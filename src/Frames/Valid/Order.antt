-- ===== src/Frames/Valid/Order.antt =====
-- The order in which frames are given out and chosen for eviction.
use virtual_memory_xinu_f.Base.{ℕ, ◌≡◌, ap, ◌∙◌, sym, none, some, List, [], ◌∷◌, inl, inr}
use virtual_memory_xinu_f.Base.Distinct.{erase, mem-head, cons-injective}
use virtual_memory_xinu_f.Frames.{
  Region, e1, FrameTable, fr_used, fidxtoregion, getfreeframe, invfreeframe, get_used_frame_e1,
}
use virtual_memory_xinu_f.Frames.Seg.{head_or}
use virtual_memory_xinu_f.Frames.Stacks.{free_list}
use virtual_memory_xinu_f.Frames.Valid.{IsValid}
use virtual_memory_xinu_f.Frames.Valid.Free.{invfreeframe-IsValid}
use virtual_memory_xinu_f.Frames.Valid.Get.{getfreeframe-IsValid}

-- The victim that `getusedframeE1` names is the frame of E1 that has been in use for the longest
-- time; there is none exactly if no frame of E1 is in use.
pub get_used_frame_e1-head :
    (s : FrameTable) (xs : List ℕ) → IsValid s xs → get_used_frame_e1 s ≡ head_or xs none
unfolding get_used_frame_e1
get_used_frame_e1-head s [] v = rw v.used.head_is
get_used_frame_e1-head s (x ∷ xs) v =
    rw v.used.head_is (ap some (v.indexed e1 x (v.used_frames x (mem-head x xs)).0))

-- Free frames are given out last in, first out: after a successful `invfreeframe` of `f` the next
-- `getfreeframe` of its region gives out `f`, and leaves the free list as it was before both.
pub getfreeframe-invfreeframe :
    (s : FrameTable) (xs : List ℕ) (f : ℕ) (r : Region)
    → IsValid s xs
    → fidxtoregion f ≡ some r
    → (s.invpt f).fr_state ≡ fr_used
    → ((getfreeframe r (invfreeframe f s).1).0 ≡ some f)
      × (free_list (getfreeframe r (invfreeframe f s).1).1 r ≡ free_list s r)
getfreeframe-invfreeframe s xs f r v at_r used =
    let freed = (invfreeframe-IsValid s xs f r v at_r used).1 in
    elim (getfreeframe-IsValid r (invfreeframe f s).1 (erase f xs) freed.valid) [
      | inl (e, empty) ↦ absurd (cc (freed.on_top))
      | inr (g, s', e, gave) ↦
          let heads =
            cons-injective f g (free_list s r) (free_list s' r)
              (sym freed.on_top ∙ gave.popped.list_is) in
          rw e (ap some (sym heads.0), sym heads.1)
    ]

Task to carry out
Copy every line above that holds the word "cons".

Exercise answer
use virtual_memory_xinu_f.Base.Distinct.{erase, mem-head, cons-injective}
            cons-injective f g (free_list s r) (free_list s' r)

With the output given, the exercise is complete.